Your answer must be every line of the data that contains "unfolding".

Segment Start: Data records

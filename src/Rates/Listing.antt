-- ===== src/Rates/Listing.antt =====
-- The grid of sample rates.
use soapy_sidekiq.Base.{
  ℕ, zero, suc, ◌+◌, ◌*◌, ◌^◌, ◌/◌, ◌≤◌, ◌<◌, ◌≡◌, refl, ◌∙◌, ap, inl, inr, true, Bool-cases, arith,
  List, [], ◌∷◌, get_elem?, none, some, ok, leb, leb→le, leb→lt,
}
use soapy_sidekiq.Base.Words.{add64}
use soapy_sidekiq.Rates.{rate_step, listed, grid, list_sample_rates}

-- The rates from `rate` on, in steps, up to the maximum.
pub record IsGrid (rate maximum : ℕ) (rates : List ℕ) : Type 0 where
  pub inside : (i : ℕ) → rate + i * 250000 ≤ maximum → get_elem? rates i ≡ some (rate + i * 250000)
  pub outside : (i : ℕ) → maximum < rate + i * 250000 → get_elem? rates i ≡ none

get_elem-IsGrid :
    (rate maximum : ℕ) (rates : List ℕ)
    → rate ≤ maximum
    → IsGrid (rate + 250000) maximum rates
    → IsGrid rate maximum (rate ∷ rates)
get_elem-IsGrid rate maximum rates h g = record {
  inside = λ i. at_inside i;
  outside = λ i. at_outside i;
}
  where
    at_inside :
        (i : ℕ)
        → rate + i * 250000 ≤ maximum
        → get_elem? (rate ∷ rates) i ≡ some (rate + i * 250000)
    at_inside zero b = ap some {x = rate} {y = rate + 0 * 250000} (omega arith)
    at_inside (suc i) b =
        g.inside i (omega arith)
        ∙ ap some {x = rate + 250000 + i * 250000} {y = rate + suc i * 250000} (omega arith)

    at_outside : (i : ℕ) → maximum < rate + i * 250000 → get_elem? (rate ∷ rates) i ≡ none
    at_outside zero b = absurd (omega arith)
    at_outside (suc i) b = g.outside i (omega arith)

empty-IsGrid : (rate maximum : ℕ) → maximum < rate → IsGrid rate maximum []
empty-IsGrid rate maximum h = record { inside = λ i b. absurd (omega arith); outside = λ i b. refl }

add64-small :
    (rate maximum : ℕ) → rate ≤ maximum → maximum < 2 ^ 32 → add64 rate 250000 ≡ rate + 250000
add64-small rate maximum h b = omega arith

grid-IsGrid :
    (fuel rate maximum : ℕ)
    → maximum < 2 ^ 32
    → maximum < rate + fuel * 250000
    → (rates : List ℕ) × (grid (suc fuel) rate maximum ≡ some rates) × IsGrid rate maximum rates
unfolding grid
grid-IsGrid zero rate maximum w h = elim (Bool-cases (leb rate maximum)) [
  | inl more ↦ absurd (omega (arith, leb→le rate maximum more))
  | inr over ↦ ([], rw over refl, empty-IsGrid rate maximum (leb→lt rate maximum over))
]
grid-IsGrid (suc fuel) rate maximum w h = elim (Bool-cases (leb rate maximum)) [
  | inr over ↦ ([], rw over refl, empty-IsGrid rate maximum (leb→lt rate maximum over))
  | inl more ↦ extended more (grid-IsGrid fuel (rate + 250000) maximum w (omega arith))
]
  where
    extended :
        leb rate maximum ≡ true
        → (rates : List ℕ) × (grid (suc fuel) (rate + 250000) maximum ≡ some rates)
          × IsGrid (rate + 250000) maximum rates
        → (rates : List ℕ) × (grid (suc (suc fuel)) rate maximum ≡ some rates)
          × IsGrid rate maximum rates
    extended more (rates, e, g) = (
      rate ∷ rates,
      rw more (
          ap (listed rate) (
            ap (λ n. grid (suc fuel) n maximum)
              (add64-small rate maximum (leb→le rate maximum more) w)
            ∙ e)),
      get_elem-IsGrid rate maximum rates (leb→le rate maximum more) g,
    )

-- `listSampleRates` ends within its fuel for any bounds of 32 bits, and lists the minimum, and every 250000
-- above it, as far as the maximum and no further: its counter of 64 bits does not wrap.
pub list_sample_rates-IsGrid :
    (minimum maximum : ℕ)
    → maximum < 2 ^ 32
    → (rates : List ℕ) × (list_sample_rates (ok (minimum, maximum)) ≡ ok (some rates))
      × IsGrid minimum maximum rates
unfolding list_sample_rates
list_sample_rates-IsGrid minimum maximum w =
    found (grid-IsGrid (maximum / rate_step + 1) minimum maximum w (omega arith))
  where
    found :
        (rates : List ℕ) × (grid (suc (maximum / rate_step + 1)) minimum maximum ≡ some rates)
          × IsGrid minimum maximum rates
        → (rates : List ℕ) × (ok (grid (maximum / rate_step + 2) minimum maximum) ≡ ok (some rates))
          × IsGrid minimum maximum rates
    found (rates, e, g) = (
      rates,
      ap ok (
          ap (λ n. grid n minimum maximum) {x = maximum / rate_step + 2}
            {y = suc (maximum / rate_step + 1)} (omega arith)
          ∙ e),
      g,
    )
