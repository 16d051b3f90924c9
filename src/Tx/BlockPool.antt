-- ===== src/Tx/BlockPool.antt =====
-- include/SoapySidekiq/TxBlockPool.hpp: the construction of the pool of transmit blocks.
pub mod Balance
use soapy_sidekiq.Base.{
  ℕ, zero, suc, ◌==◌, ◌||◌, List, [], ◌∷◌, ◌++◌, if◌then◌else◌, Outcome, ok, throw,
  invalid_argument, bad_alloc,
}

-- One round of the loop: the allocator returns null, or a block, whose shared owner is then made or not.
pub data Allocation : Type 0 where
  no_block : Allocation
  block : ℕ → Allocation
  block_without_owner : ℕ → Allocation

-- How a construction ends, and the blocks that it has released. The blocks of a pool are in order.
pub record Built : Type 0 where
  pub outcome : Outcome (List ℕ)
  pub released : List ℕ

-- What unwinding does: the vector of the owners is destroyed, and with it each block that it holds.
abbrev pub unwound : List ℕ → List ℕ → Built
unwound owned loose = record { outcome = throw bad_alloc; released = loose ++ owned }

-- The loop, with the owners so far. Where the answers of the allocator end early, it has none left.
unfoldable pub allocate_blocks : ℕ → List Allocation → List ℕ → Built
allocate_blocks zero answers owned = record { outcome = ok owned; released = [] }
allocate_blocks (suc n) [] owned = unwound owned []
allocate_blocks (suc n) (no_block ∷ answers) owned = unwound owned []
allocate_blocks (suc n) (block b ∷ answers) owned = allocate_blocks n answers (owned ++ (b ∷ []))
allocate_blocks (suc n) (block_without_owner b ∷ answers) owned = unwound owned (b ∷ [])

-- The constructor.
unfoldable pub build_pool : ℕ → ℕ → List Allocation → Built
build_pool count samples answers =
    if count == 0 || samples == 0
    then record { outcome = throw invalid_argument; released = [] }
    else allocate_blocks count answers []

Segment End: Data records

Output for this exercise:
unfolding grid
unfolding list_sample_rates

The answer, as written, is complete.